542 – Nonresponse Issues
Monitoring Methods for Adaptive Design in the National Survey of College Graduates (NSCG)
Stephanie Coffey
U.S. Census Bureau
Michael White
U.S. Census Bureau
Benjamin M. Reist
U.S. Census Bureau
Wan-Ying Chang
National Science Foundation
One goal of adaptive design is to allocate data collection resources efficiently, rather than exhausting money and time simply to increase response rate. Data monitoring is vital to this effort as it provides updated views of response information and data quality throughout the collection period. More up-to-date information can lead to interventions including: reducing contact attempts for low-impact cases unlikely to respond, switching contact mode to maximize response probability, or even stopping data collection. In the 2013 NSCG, data monitoring will help show the evolving state of data collection and inform interventions in a mode switching experiment.

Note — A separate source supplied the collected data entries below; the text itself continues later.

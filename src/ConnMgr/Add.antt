-- ===== src/ConnMgr/Add.antt =====
-- The connections that wait are added, all of them and in their order.
use mathlib.Core.List.{map-append, append_assoc, append-nil}
use multithreaded_c_server.Common.{
  ℕ, zero, suc, ◌+◌, ◌≤◌, ◌<◌, ◌≡◌, refl, sym, ap, ap₂, subst, ◌∙◌, inl, inr, false, Option, none,
  some, List, [], ◌∷◌, ◌++◌, arith, map, length, length-append, take, Ptr, null, Realloc,
  ReallocLaw, ℤ, success, is_some, uint16_max, to_uint16, ◌==◌, if◌then◌else◌,
}
use multithreaded_c_server.Conn.{Conn}
use multithreaded_c_server.EzArray.{EzArray, push, grown}
use multithreaded_c_server.EzArray.Contents as ArrayOf
use multithreaded_c_server.EzArray.Push.{appends, refuses, push_lem}
use multithreaded_c_server.EzQueue.{EzQueue, dequeue}
use multithreaded_c_server.EzQueue.Contents as QueueOf
use multithreaded_c_server.EzQueue.Contents.{length-contents}
use multithreaded_c_server.EzQueue.Fifo
use multithreaded_c_server.EzQueue.Refine.{as_fifo, dequeue_refines, Dequeues}
use multithreaded_c_server.ConnMgr.{PollFd, ConnMgr, World}
use multithreaded_c_server.ConnMgr.Update.{new_max, add_one, add_loop, waiting, add_new_connections}
use multithreaded_c_server.ConnMgr.Step.{
  InStep, Grants, fd_of, descriptor, add_to_pollfd-Polls, entry, num_items-length, block_given,
}

-- The head of a queue that holds something is taken.
dequeue_next :
    {q : EzQueue} (p : Ptr) (rest : List Ptr)
    → QueueOf.IsValid q
    → QueueOf.contents q ≡ p ∷ rest
    → (q' : EzQueue) × (dequeue (some q) (some null) ≡ some (success, some q', some p))
      × QueueOf.IsValid q'
      × (QueueOf.contents q' ≡ rest)
unfolding Fifo.get
dequeue_next {q} p rest v e =
    let fifo : as_fifo q ≡ record { capacity = q.max_items; waiting = p ∷ rest } =
      ap (λ xs. record { capacity = q.max_items; waiting = xs }) e in
    let (q', done, w, same) =
      subst (λ f. Dequeues q null (Fifo.get f)) fifo (dequeue_refines null v) in
    (q', done, w, ap Fifo.Fifo.waiting same)

-- The contexts of the connections of a list are on the heap.
abbrev pub Live : World → List Ptr → Type 0
Live w [] = Unit {0}
Live w (p ∷ ps) = ((c : Conn) × (w.contexts p ≡ some c)) × Live w ps

module _ (w : World) where
  -- One more connection: the manager stays in step, with the connection behind the others.
  abbrev pub Adds :
      ConnMgr → EzArray → (p : Ptr) → (rest : List Ptr) → Option (ℤ × ConnMgr) → Type 0
  Adds mgr a p rest out =
      (mgr' : ConnMgr) × (a' : EzArray) × (q' : EzQueue) × (out ≡ some (success, mgr'))
      × InStep w mgr' a' q'
      × (ArrayOf.contents a' ≡ ArrayOf.contents a ++ p ∷ [])
      × (QueueOf.contents q' ≡ rest)

  -- All the connections of a list, one after the other.
  abbrev pub AddsAll : ConnMgr → EzArray → List Ptr → Option (ℤ × ConnMgr) → Type 0
  AddsAll mgr a ps out =
      (mgr' : ConnMgr) × (a' : EzArray) × (q' : EzQueue) × (out ≡ some (success, mgr'))
      × InStep w mgr' a' q'
      × (ArrayOf.contents a' ≡ ArrayOf.contents a ++ ps)
      × (QueueOf.contents q' ≡ [])

module _ (realloc : Realloc Ptr) (realloc_pfds : Realloc PollFd) (events : ℕ) (w : World)
    (law : ReallocLaw realloc) (grants : Grants realloc) (law_pfds : ReallocLaw realloc_pfds)
    (grants_pfds : Grants realloc_pfds) where
  -- What the array does with one more connection.
  push_next :
      {a : EzArray} (p : Ptr)
      → ArrayOf.IsValid a
      → a.num_items < uint16_max
      → (a' : EzArray) × (push realloc (some a) p ≡ some (success, some a'))
        × ArrayOf.IsValid a'
        × (ArrayOf.contents a' ≡ ArrayOf.contents a ++ p ∷ [])
        × (a'.max_items ≡ (if a.num_items == a.max_items then grown a.num_items else a.max_items))
  push_next {a} p v small = elim (push_lem realloc p law v) [
    | appends a' e v' held size ↦ (a', e, v', held, size)
    | refuses e full (inl largest) ↦ absurd (omega arith)
    | refuses e full (inr refused) ↦
        let (block, given) = grants a.pp_buf (grown a.num_items) in
        let clash : none ≡ some block = sym refused ∙ given in absurd (ground arith)
  ]

  num_items-push :
      {a a' : EzArray} (p : Ptr)
      → ArrayOf.IsValid a
      → ArrayOf.IsValid a'
      → ArrayOf.contents a' ≡ ArrayOf.contents a ++ p ∷ []
      → a'.num_items ≡ suc a.num_items
  num_items-push {a} {a'} p v v' held = omega (
    arith,
    num_items-length v,
    num_items-length v',
    ap length held,
    length-append (ArrayOf.contents a) (p ∷ []),
  )

  add_one-Adds :
      {mgr : ConnMgr} {a : EzArray} {q : EzQueue} (p : Ptr) (rest : List Ptr) (c : Conn)
      → InStep w mgr a q
      → QueueOf.contents q ≡ p ∷ rest
      → w.contexts p ≡ some c
      → a.num_items < uint16_max
      → Adds w mgr a p rest (add_one realloc realloc_pfds events w mgr)
  unfolding add_one new_max grown
  add_one-Adds {mgr} {a} {q} p rest c s e live small =
      let (q', taken, qv, left) = dequeue_next p rest s.queue_valid e in
      let (a', done, av, held, size) = push_next p s.conns_valid small in
      let (pfds', polled, grows, front) =
        add_to_pollfd-Polls realloc realloc_pfds events law_pfds grants_pfds c.fd mgr.p_pfds
          a.num_items a.max_items s.room s.conns_valid.count s.conns_valid.positive small in
      (
        record mgr {
          p_conns = some a';
          p_pfds = pfds';
          p_new_conns = some q';
          max_conns = a'.max_items;
          num_active_conns = to_uint16 (a.num_items + 1);
        },
        a',
        q',
        rw (s.queue_at, taken, s.conns_at, done, live, s.count_same, s.max_same, polled),
        record {
          conns_at = refl;
          queue_at = refl;
          conns_valid = av;
          queue_valid = qv;
          room = grows ∙ sym size;
          max_same = refl;
          count_same = omega (arith, num_items-push p s.conns_valid av held);
          fds =
              ap (λ n. map PollFd.fd (take n pfds')) (num_items-push p s.conns_valid av held)
              ∙ ap (map PollFd.fd) front
              ∙ map-append PollFd.fd (take a.num_items mgr.p_pfds)
                  (entry realloc realloc_pfds events c.fd ∷ [])
              ∙ ap₂ (λ xs d. xs ++ d ∷ []) s.fds (ap descriptor (sym live))
              ∙ sym (ap (map (fd_of w)) held ∙ map-append (fd_of w) (ArrayOf.contents a) (p ∷ []));
        },
        held,
        left,
      )

  add_loop-suc :
      (fuel : ℕ) (mgr : ConnMgr) {mgr1 : ConnMgr}
      → (waiting realloc realloc_pfds events mgr.p_new_conns == 0) ≡ false
      → add_one realloc realloc_pfds events w mgr ≡ some (success, mgr1)
      → add_loop realloc realloc_pfds events (suc fuel) w mgr
        ≡ add_loop realloc realloc_pfds events fuel w mgr1
  unfolding add_loop
  add_loop-suc fuel mgr some_left added = rw (some_left, added)

  add_loop-AddsAll :
      (ps : List Ptr) (fuel : ℕ) {mgr : ConnMgr} {a : EzArray} {q : EzQueue}
      → InStep w mgr a q
      → QueueOf.contents q ≡ ps
      → Live w ps
      → a.num_items + length ps ≤ uint16_max
      → length ps < fuel
      → AddsAll w mgr a ps (add_loop realloc realloc_pfds events fuel w mgr)
  unfolding add_loop
  add_loop-AddsAll ps zero s e live small enough = absurd (omega arith)
  add_loop-AddsAll [] (suc fuel) {mgr} {a} {q} s e live small enough =
      let none_left : q.num_items ≡ 0 = omega (arith, length-contents q, ap length e) in
      (mgr, a, q, rw (s.queue_at, none_left), s, sym (append-nil (ArrayOf.contents a)), e)
  add_loop-AddsAll (p ∷ ps) (suc fuel) {mgr} {a} {q} s e ((c, at), live) small enough =
      let some_left : (q.num_items == 0) ≡ false = ground (arith, length-contents q, ap length e) in
      let (mgr1, a1, q1, added, s1, held, left) = add_one-Adds p ps c s e at (omega arith) in
      let count = num_items-push p s.conns_valid s1.conns_valid held in
      let (mgr', a', q', done, s', all, none_left) =
        add_loop-AddsAll ps fuel s1 left live (omega arith) (omega arith) in
      (
        mgr',
        a',
        q',
        add_loop-suc fuel mgr
              (ap (λ o. waiting realloc realloc_pfds events o == 0) s.queue_at ∙ some_left) added
            ∙ done,
        s',
        all ∙ ap (λ xs. xs ++ ps) held ∙ append_assoc (ArrayOf.contents a) (p ∷ []) ps,
        none_left,
      )

  guards_pass :
      {mgr : ConnMgr} {a : EzArray} {q : EzQueue}
      → InStep w mgr a q
      → add_new_connections realloc realloc_pfds events w mgr
        ≡ add_loop realloc realloc_pfds events (suc q.num_items) w mgr
  unfolding add_new_connections
  guards_pass {mgr} s =
      rw
        (
          ap is_some s.queue_at,
          ap is_some s.conns_at,
          block_given mgr.p_pfds (omega (arith, s.room, s.conns_valid.positive)),
        )
        (ap
          (λ o.
            add_loop realloc realloc_pfds events (suc (waiting realloc realloc_pfds events o)) w
              mgr)
          s.queue_at)

  -- `connmgr_add_new_connections` ends and adds every connection that waits, in the order of the
  -- queue, behind those there are, each with its entry for poll. The array and the entries stay in
  -- step, also where both have to grow, as long as memory does not run out, the contexts are on
  -- the heap, and there are no more than 65535 connections in all.
  pub add_new_connections-AddsAll :
      {mgr : ConnMgr} {a : EzArray} {q : EzQueue}
      → InStep w mgr a q
      → Live w (QueueOf.contents q)
      → a.num_items + q.num_items ≤ uint16_max
      → AddsAll w mgr a (QueueOf.contents q) (add_new_connections realloc realloc_pfds events w mgr)
  add_new_connections-AddsAll {mgr} {a} {q} s live small =
      let (mgr', a', q', done, s', all, none_left) =
        add_loop-AddsAll (QueueOf.contents q) (suc q.num_items) s refl live
          (omega (arith, length-contents q)) (omega (arith, length-contents q)) in
      (mgr', a', q', guards_pass s ∙ done, s', all, none_left)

This paper discusses several data monitoring methods explored for the NSCG using 2010 survey data including: R-indicators, response propensity by data collection type, and benchmarking. Some of these methods employ propensity models, and others rely on daily processing of survey data including nonresponse adjustments and weighting. In addition to discussing practical benefits and shortcomings of the methods, interventions are simulated to show their effect on the final state of data collection.